What to do -
For each line in the data that includes "whole", make a copy.

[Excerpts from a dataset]
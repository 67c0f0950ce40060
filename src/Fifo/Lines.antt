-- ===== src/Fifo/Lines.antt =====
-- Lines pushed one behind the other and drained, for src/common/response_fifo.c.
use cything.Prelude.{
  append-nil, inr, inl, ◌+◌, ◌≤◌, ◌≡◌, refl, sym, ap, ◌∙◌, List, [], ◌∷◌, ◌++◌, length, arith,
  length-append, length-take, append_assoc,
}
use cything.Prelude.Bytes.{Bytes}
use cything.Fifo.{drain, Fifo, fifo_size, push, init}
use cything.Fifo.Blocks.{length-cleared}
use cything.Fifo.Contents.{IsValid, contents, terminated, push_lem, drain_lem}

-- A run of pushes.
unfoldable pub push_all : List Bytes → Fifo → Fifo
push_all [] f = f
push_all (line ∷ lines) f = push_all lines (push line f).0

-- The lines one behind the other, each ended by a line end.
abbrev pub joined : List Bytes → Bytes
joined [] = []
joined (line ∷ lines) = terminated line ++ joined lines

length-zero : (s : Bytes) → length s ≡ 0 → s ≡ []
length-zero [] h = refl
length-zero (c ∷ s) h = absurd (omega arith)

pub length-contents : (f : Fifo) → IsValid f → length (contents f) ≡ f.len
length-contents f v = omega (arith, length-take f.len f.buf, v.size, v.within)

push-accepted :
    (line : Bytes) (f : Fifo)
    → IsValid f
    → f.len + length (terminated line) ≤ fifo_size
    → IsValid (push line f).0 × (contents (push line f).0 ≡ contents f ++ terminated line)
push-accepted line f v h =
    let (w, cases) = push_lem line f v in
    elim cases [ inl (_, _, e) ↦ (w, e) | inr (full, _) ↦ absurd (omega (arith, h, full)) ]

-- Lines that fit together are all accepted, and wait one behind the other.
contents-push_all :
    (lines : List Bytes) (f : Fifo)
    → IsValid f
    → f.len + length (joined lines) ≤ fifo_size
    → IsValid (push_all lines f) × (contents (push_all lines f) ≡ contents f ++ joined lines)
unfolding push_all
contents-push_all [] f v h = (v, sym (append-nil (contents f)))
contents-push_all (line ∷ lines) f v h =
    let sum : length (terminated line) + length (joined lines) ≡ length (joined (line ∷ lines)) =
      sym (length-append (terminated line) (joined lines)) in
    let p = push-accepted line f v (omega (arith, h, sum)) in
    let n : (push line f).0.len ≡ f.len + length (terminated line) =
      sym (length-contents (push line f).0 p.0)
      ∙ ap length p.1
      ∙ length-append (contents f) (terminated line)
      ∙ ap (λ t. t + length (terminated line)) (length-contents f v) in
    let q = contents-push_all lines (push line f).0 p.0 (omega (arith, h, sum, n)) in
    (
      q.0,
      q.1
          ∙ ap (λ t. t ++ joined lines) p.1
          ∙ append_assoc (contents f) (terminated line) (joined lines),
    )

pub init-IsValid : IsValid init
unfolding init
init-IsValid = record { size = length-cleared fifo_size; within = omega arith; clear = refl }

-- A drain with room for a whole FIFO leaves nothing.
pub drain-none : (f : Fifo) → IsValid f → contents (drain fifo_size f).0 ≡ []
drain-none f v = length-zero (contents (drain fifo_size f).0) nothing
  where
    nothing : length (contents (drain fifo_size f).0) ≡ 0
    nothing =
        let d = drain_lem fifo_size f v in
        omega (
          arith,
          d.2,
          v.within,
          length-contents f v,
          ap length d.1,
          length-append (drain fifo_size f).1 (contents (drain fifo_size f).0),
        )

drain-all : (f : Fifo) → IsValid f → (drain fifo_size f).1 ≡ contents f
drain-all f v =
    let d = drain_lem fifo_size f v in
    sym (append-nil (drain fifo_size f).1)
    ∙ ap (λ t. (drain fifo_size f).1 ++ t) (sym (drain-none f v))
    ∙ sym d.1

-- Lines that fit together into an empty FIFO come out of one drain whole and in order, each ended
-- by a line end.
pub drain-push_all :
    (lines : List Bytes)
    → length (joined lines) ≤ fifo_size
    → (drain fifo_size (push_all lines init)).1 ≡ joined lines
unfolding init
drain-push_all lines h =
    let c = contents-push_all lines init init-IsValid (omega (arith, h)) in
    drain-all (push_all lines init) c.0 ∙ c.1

* * *

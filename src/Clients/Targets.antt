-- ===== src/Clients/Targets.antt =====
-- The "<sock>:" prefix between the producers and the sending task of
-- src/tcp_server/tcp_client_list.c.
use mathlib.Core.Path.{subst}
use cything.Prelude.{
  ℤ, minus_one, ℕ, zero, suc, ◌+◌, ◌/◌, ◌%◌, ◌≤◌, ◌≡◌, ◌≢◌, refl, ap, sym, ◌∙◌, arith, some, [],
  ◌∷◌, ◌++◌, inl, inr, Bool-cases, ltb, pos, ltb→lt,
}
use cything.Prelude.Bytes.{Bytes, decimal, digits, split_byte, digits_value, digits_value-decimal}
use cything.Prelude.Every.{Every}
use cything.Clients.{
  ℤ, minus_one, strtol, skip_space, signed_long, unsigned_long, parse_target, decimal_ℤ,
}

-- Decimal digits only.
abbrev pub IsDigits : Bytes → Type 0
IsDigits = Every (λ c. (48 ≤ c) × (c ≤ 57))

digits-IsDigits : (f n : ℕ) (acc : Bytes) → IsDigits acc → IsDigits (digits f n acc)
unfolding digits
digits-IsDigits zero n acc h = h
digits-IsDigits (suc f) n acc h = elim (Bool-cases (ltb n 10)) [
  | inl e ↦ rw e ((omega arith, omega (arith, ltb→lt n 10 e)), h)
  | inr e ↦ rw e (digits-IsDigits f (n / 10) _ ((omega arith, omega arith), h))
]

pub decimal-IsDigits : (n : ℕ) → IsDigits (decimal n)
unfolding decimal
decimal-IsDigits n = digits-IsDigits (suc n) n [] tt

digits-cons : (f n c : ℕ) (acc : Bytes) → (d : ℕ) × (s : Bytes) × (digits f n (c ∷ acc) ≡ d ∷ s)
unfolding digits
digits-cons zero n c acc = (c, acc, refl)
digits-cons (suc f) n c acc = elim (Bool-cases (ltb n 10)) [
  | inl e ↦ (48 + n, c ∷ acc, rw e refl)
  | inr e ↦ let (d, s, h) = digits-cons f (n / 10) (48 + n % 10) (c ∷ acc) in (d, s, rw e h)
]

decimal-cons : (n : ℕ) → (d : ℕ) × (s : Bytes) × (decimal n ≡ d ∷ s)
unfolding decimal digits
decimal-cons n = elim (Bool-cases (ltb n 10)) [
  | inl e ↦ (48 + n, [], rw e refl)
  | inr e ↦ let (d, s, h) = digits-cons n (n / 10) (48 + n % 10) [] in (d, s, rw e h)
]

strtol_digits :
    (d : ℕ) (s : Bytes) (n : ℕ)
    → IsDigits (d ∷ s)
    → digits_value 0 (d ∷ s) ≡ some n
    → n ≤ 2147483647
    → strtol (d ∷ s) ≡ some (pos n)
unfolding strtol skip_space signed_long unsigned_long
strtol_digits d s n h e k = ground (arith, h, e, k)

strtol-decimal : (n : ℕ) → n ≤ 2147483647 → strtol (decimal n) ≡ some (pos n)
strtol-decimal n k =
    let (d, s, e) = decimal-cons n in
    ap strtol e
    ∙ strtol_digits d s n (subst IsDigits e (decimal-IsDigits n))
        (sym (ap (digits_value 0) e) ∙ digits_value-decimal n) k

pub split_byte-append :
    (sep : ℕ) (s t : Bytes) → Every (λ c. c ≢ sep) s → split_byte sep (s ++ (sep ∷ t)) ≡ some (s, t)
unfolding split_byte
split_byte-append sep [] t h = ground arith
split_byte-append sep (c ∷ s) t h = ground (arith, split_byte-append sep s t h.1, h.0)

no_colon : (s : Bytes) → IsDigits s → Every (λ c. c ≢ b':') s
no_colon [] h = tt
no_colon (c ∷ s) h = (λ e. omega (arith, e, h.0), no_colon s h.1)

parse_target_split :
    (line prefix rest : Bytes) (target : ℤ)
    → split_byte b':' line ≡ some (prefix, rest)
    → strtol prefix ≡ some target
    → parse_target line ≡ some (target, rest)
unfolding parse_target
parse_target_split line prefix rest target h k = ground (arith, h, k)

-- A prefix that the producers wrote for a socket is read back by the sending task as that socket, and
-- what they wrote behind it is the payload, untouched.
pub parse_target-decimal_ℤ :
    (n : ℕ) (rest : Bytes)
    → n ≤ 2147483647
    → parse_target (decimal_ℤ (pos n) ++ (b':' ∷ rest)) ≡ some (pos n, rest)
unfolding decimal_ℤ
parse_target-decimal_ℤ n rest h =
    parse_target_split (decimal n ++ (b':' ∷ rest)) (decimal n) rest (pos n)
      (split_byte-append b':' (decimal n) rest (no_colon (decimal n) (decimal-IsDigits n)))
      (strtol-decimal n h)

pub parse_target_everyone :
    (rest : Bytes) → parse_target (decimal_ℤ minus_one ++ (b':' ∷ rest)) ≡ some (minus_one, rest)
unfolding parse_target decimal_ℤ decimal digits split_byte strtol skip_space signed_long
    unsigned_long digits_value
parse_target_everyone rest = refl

...

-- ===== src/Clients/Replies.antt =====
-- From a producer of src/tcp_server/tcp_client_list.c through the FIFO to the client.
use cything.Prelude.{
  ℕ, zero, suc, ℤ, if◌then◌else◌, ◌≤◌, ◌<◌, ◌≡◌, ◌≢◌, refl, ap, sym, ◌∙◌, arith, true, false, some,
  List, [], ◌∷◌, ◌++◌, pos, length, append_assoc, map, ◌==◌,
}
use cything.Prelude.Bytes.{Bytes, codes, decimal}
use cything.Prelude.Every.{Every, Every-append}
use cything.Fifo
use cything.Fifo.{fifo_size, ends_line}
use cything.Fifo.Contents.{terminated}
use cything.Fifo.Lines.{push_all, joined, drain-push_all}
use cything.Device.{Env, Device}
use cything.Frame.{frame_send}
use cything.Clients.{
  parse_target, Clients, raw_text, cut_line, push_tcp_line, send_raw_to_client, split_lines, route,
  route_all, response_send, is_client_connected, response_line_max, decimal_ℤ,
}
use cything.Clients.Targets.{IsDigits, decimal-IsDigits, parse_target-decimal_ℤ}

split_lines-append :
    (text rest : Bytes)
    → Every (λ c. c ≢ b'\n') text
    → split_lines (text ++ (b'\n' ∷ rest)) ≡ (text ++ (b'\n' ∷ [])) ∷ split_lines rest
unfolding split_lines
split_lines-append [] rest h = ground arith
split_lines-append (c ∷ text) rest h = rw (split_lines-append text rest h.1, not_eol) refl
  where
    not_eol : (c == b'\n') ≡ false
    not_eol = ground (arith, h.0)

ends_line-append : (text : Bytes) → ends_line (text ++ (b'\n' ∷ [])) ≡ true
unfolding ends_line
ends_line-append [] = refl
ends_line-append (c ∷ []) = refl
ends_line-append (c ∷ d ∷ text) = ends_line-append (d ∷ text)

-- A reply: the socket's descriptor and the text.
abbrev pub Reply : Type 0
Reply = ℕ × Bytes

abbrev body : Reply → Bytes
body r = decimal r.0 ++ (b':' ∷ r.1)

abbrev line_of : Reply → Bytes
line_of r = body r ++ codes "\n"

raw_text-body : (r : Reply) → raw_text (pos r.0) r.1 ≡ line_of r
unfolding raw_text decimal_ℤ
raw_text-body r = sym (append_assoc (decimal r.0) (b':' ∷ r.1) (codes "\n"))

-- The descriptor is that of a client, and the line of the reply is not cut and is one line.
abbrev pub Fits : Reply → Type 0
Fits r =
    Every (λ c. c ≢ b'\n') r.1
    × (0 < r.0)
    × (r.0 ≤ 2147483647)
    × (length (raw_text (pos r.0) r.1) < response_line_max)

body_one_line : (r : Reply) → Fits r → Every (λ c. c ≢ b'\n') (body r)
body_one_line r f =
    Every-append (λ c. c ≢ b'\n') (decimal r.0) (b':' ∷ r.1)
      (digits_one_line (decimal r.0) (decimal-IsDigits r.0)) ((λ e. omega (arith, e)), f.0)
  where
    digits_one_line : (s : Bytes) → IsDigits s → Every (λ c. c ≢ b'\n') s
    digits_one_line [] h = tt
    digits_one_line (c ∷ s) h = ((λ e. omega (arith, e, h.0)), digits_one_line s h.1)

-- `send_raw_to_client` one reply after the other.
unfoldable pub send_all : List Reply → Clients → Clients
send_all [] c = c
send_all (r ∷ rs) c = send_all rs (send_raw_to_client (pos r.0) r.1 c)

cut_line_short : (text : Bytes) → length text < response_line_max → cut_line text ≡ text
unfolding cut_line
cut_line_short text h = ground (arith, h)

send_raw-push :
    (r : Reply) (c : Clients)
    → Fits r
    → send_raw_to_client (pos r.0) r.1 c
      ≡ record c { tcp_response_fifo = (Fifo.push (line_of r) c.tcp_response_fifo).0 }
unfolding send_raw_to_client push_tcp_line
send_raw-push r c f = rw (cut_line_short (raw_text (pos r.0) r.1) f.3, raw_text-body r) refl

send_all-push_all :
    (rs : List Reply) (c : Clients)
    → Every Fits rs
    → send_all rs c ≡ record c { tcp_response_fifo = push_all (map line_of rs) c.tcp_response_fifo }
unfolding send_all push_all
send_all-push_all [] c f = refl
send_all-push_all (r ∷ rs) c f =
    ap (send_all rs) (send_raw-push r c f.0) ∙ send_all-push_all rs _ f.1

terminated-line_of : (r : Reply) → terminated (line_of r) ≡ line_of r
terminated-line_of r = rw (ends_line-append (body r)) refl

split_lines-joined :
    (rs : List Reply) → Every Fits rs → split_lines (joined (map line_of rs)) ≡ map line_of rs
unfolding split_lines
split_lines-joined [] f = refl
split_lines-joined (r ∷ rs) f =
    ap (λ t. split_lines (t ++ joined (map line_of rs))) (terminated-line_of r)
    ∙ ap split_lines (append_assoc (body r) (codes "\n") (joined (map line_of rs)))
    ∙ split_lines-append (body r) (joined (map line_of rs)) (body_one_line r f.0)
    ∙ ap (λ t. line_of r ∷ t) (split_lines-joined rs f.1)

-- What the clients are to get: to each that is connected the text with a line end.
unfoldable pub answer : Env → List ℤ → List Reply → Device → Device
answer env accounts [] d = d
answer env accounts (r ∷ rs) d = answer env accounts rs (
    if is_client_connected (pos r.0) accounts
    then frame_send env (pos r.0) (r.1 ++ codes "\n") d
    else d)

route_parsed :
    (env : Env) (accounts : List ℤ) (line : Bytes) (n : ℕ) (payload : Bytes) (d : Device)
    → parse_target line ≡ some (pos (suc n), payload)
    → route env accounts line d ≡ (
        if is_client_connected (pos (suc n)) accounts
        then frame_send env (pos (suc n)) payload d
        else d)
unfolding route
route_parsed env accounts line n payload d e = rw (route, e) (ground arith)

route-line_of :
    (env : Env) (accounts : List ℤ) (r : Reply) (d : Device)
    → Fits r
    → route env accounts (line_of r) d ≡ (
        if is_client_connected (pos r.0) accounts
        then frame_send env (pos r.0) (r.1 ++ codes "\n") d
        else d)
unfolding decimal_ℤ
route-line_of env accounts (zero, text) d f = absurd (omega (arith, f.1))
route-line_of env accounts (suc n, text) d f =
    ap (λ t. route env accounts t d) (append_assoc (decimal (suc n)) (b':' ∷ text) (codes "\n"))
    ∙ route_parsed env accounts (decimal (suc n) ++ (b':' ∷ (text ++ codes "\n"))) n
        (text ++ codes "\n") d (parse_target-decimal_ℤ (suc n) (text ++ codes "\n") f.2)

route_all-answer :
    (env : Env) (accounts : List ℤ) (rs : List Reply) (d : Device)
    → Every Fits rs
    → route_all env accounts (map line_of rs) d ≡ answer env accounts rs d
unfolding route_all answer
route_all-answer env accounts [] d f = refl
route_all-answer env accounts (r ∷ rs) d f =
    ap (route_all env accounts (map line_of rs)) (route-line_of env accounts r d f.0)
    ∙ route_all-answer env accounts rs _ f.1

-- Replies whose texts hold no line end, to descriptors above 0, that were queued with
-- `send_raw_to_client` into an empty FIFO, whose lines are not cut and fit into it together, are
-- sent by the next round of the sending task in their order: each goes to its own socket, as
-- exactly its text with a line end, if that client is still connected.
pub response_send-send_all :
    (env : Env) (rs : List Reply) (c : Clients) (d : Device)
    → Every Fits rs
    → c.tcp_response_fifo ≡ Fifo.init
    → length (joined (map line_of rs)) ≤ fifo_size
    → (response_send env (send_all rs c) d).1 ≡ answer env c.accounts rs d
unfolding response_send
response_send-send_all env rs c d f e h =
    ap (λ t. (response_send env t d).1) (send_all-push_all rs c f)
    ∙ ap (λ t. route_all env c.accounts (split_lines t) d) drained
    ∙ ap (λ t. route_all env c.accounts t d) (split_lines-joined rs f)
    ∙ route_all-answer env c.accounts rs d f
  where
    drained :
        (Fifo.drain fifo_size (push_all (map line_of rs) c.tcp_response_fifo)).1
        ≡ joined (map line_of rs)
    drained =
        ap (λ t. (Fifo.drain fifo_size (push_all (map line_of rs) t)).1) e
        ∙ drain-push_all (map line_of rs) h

Reply to the exercise -
-- A drain with room for a whole FIFO leaves nothing.
-- Lines that fit together into an empty FIFO come out of one drain whole and in order, each ended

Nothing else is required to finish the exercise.